▼▼▼

-- ===== src/Pods/SafeEnsure.antt =====
-- The code of pkg/reconciler that brings the pods of a cluster to its spec deletes pods safely.
use aerospike_operator.Pods.Ensure.{
  wanted, count_running, version_in, replace_pod, maybe_upgrade_pod_with_index, surplus,
  restart_pod, watch_cluster_size, safe_restart_pod_with_index,
  get_aerospike_server_version_from_pod, ensure_cluster_size, ensure_pod, upgrade_pod, ensure_pods,
  upgrade_found, fail_upgrade, create_missing, ensure_found, update_pod,
}
use aerospike_operator.Pods.Ensure.{wanted}
use aerospike_operator.Pods.Wanted.{rules_of, Fits, Suits}
use aerospike_operator.Pods.Platform.{Claim}
use aerospike_operator.Pods.Api.{create_pod, create_claim}
use aerospike_operator.Pods.Trace.{Safe-creates, Safe-claims}
use aerospike_operator.Prelude.{
  inl, Option, none, some, [], codes, text_eq, Occurs, ℤ, pos, ltb_ℤ, ℕ, zero, suc, length,
}
use aerospike_operator.Action.{pure, emit, ask, for_each}
use aerospike_operator.Api.{AerospikeCluster}
use aerospike_operator.Versioning.Upgrade.{VersionUpgrade}
use aerospike_operator.Reconciler.Types.{ConfigMap}
use aerospike_operator.Pods.Platform.{Platform, Pod}
use aerospike_operator.Pods.Status.{pod_index, text_at, is_pod_in_failure_state}
use aerospike_operator.Pods.Api.{
  Api, event, node_upgrade_started, node_upgrade_failed, node_upgrade_finished,
  incorrect_cluster_size, failed_to_upgrade, read, query,
}
use aerospike_operator.Pods.Spec.{hash_of, config_map_hash_annotation}
use aerospike_operator.Pods.Delete.{
  list_cluster_pods, get_pod_with_index, run_info_command_on_pod, remove,
  safe_delete_pod_with_index,
}
use aerospike_operator.Pods.Create.{create_pod_with_index}
use aerospike_operator.Pods.Trace.{
  Rules, Safe, Leads, Steady, Leads-pure, Leads-raise, Leads-if, Leads-test, Steady->>=,
  Steady-for_each,
}
use aerospike_operator.Pods.Safety.{
  read-Steady, query-Steady, ask-Steady, lift-Steady, event-Steady, remove-Leads,
  list_cluster_pods-Steady, get_pod_with_index-Steady, run_info_command_on_pod-Steady,
  safe_delete_pod_with_index-Steady,
}
use aerospike_operator.Pods.SafeCreate.{create_pod_with_index-Steady}
use aerospike_operator.Prelude.Dict.{lookup}

module _ {p : Platform} {S : Type 0} (R : Rules p) (api : Api p S) where
  version-Steady : (pod : Pod p) → Steady R [] (get_aerospike_server_version_from_pod api pod)
  unfolding get_aerospike_server_version_from_pod
  version-Steady pod =
      Steady->>= R [] (run_info_command_on_pod api pod (codes "build")) _
        (run_info_command_on_pod-Steady R api [] pod (codes "build"))
        (λ answer. lift-Steady R api [] (version_in (lookup (codes "build") answer)))

  module _ (cluster : AerospikeCluster p.kube) where
    watch_cluster_size-Steady :
        (pod : Pod p) (n : ℕ) → Steady R [] (watch_cluster_size api cluster pod n)
    unfolding watch_cluster_size
    watch_cluster_size-Steady pod zero =
        Steady->>= R [] (safe_delete_pod_with_index api cluster (pod_index pod)) _
          (safe_delete_pod_with_index-Steady R api cluster (pod_index pod))
          (λ _. Leads-raise R S [] (λ _. []) incorrect_cluster_size)
    watch_cluster_size-Steady pod (suc n) =
        Steady->>= R [] (read (api.list_pods cluster.namespace cluster.name)) _
          (read-Steady R api [] (api.list_pods cluster.namespace cluster.name))
          (λ pods.
            Steady->>= R [] (query (api.cluster_size pod)) _
              (query-Steady R api [] (api.cluster_size pod))
              (λ size.
                Leads-if R [] (λ _. []) (ltb_ℤ size (pos (count_running pods)))
                  (watch_cluster_size api cluster pod n) (pure tt) (watch_cluster_size-Steady pod n)
                  (Leads-pure R S [] tt)))

    ensure_cluster_size-Steady : (pod : Pod p) → Steady R [] (ensure_cluster_size api cluster pod)
    unfolding ensure_cluster_size
    ensure_cluster_size-Steady pod =
        Steady->>= R [] (ask api.ticks) _ (ask-Steady R api [] api.ticks)
          (watch_cluster_size-Steady pod)

module _ {p : Platform} {S : Type 0} (cluster : AerospikeCluster p.kube) (config_map : ConfigMap)
    (api : Api p S) where
  abbrev R : Rules p
  R = rules_of cluster config_map

  module _ (index : ℤ) (within : Occurs index (wanted cluster.spec.node_count)) where
    restart-Steady :
        (upgrade : Option VersionUpgrade)
        → Steady R [] (safe_restart_pod_with_index api cluster config_map index upgrade)
    unfolding safe_restart_pod_with_index
    restart-Steady upgrade =
        Steady->>= R [] (safe_delete_pod_with_index api cluster index) _
          (safe_delete_pod_with_index-Steady R api cluster index)
          (λ _. create_pod_with_index-Steady cluster config_map api index within upgrade)

    fail_upgrade-Steady : (pod : Pod p) → Steady R [] (fail_upgrade api pod)
    fail_upgrade-Steady pod =
        Steady->>= R [] (emit (event node_upgrade_failed)) _
          (event-Steady R api [] node_upgrade_failed)
          (λ _. Leads-raise R S [] (λ _. []) (failed_to_upgrade pod.name))

    upgrade_pod-Steady :
        (upgrade : VersionUpgrade) → Steady R [] (upgrade_pod api cluster config_map index upgrade)
    unfolding upgrade_pod
    upgrade_pod-Steady upgrade =
        Steady->>= R [] (emit (event node_upgrade_started)) _
          (event-Steady R api [] node_upgrade_started)
          (λ _.
            Steady->>= R []
              (safe_restart_pod_with_index api cluster config_map index (some upgrade)) _
              (restart-Steady (some upgrade))
              (λ pod.
                Steady->>= R [] (get_aerospike_server_version_from_pod api pod) _
                  (version-Steady R api pod)
                  (λ version.
                    Leads-if R [] (λ _. []) (text_eq version cluster.spec.version)
                      (emit (event node_upgrade_finished)) (fail_upgrade api pod)
                      (event-Steady R api [] node_upgrade_finished) (fail_upgrade-Steady pod))))

    upgrade_found-Steady :
        (upgrade : VersionUpgrade) (found : Option (Pod p))
        → Steady R [] (upgrade_found api cluster config_map index upgrade found)
    unfolding upgrade_found
    upgrade_found-Steady upgrade none = Leads-pure R S [] tt
    upgrade_found-Steady upgrade (some pod) =
        Steady->>= R [] (get_aerospike_server_version_from_pod api pod) _ (version-Steady R api pod)
          (λ version.
            Leads-if R [] (λ _. []) (text_eq version cluster.spec.version) (pure tt)
              (upgrade_pod api cluster config_map index upgrade) (Leads-pure R S [] tt)
              (upgrade_pod-Steady upgrade))

    create_missing-Steady : Steady R [] (create_missing api cluster config_map index)
    unfolding create_missing
    create_missing-Steady =
        Steady->>= R [] (create_pod_with_index api cluster config_map index none) _
          (create_pod_with_index-Steady cluster config_map api index within none)
          (λ pod. Leads-pure R S [] tt)

    restart_pod-Steady : Steady R [] (restart_pod api cluster config_map index)
    restart_pod-Steady =
        Steady->>= R [] (safe_restart_pod_with_index api cluster config_map index none) _
          (restart-Steady none) (λ pod. Leads-pure R S [] tt)

    update_pod-Steady :
        (upgrade : Option VersionUpgrade) (pod : Pod p)
        → Steady R [] (update_pod api cluster config_map index upgrade pod)
    unfolding update_pod maybe_upgrade_pod_with_index
    update_pod-Steady (some upgrade) pod =
        Steady->>= R [] (get_pod_with_index api cluster index) _
          (get_pod_with_index-Steady R api [] cluster index) (upgrade_found-Steady upgrade)
    update_pod-Steady none pod =
        Leads-if R [] (λ _. [])
          (text_eq (hash_of config_map) (text_at config_map_hash_annotation pod.annotations))
          (ensure_cluster_size api cluster pod) (restart_pod api cluster config_map index)
          (ensure_cluster_size-Steady R api cluster pod) restart_pod-Steady

    ensure_found-Steady :
        (upgrade : Option VersionUpgrade) (found : Option (Pod p))
        → Steady R [] (ensure_found api cluster config_map upgrade index found)
    unfolding ensure_found
    ensure_found-Steady upgrade none = create_missing-Steady
    ensure_found-Steady upgrade (some pod) =
        Leads-test R [] (λ _. []) (is_pod_in_failure_state pod)
          (replace_pod api cluster config_map index pod)
          (update_pod api cluster config_map index upgrade pod)
          (λ failed.
            Steady->>= R [] (remove api pod) _ (remove-Leads R api [] pod (inl failed))
              (λ _. create_missing-Steady))
          (update_pod-Steady upgrade pod)

    ensure_pod-Steady :
        (upgrade : Option VersionUpgrade)
        → Steady R [] (ensure_pod api cluster config_map upgrade index)
    unfolding ensure_pod
    ensure_pod-Steady upgrade =
        Steady->>= R [] (get_pod_with_index api cluster index) _
          (get_pod_with_index-Steady R api [] cluster index) (ensure_found-Steady upgrade)

  ensure_pods-Steady :
      (upgrade : Option VersionUpgrade) → Steady R [] (ensure_pods api cluster config_map upgrade)
  unfolding ensure_pods
  ensure_pods-Steady upgrade =
      Steady->>= R [] (list_cluster_pods api cluster) _ (list_cluster_pods-Steady R api [] cluster)
        (λ pods.
          Steady->>= R []
            (for_each (surplus (length pods) cluster.spec.node_count)
              (safe_delete_pod_with_index api cluster))
            _
            (Steady-for_each R [] (surplus (length pods) cluster.spec.node_count)
              (safe_delete_pod_with_index api cluster)
              (λ index _. safe_delete_pod_with_index-Steady R api cluster index))
            (λ _.
              Steady-for_each R [] (wanted cluster.spec.node_count)
                (ensure_pod api cluster config_map upgrade)
                (λ index within. ensure_pod-Steady index within upgrade)))

  -- In every run of ensurePods, a pod is deleted only if it is in a failure state, or if since the
  -- last creation or deletion of a pod it was seen to take part in no migrations or to have
  -- finished them. Pods and claims are created only for the indices below the node count, as Fits and
  -- Suits say.
  pub ensure_pods-Safe :
      (upgrade : Option VersionUpgrade) (s : S)
      → Safe (rules_of cluster config_map) [] (ensure_pods api cluster config_map upgrade s).1.0
  unfolding Leads
  ensure_pods-Safe upgrade s = (ensure_pods-Steady upgrade s).0

  -- Every pod that a run of ensurePods asks to be created is for an index below the node count, has the
  -- name of that index, the labels of the cluster, the hash of the config map and the image of the
  -- version in the cluster's spec. Its volumes are the config map, an empty directory and, for each
  -- namespace in order, the volume of a claim. For each namespace it has a device at the path of the
  -- namespace's position, or a mount below the data directory, as the storage type says.
  pub ensure_pods-creates :
      (upgrade : Option VersionUpgrade) (s : S) (pod : Pod p)
      → Occurs (create_pod pod) (ensure_pods api cluster config_map upgrade s).1.0
      → Fits cluster config_map pod
  ensure_pods-creates upgrade s pod o =
      Safe-creates (rules_of cluster config_map) pod []
        (ensure_pods api cluster config_map upgrade s).1.0 (ensure_pods-Safe upgrade s) o

  -- Every volume claim that a run of ensurePods asks to be created is for the pod of an index below the
  -- node count and a namespace of the cluster: it stands in the namespace of the cluster, its name is
  -- generated from the pod and the namespace, its labels name the cluster and the namespace, its
  -- annotation the pod, so that it belongs to that pod, and it has the TTL (0d if none is asked for), the
  -- parsed size, the volume mode and the storage class of the namespace's storage.
  pub ensure_pods-claims :
      (upgrade : Option VersionUpgrade) (s : S) (claim : Claim p)
      → Occurs (create_claim claim) (ensure_pods api cluster config_map upgrade s).1.0
      → Suits cluster config_map claim
  ensure_pods-claims upgrade s claim o =
      Safe-claims (rules_of cluster config_map) claim []
        (ensure_pods api cluster config_map upgrade s).1.0 (ensure_pods-Safe upgrade s) o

▲▲▲

TASK OBJECTIVE:
Once you have found every line in the listing that holds the string "event", copy each of them.

RESULT:
  Api, event, node_upgrade_started, node_upgrade_failed, node_upgrade_finished,
  read-Steady, query-Steady, ask-Steady, lift-Steady, event-Steady, remove-Leads,
        Steady->>= R [] (emit (event node_upgrade_failed)) _
          (event-Steady R api [] node_upgrade_failed)
        Steady->>= R [] (emit (event node_upgrade_started)) _
          (event-Steady R api [] node_upgrade_started)
                      (emit (event node_upgrade_finished)) (fail_upgrade api pod)
                      (event-Steady R api [] node_upgrade_finished) (fail_upgrade-Steady pod))))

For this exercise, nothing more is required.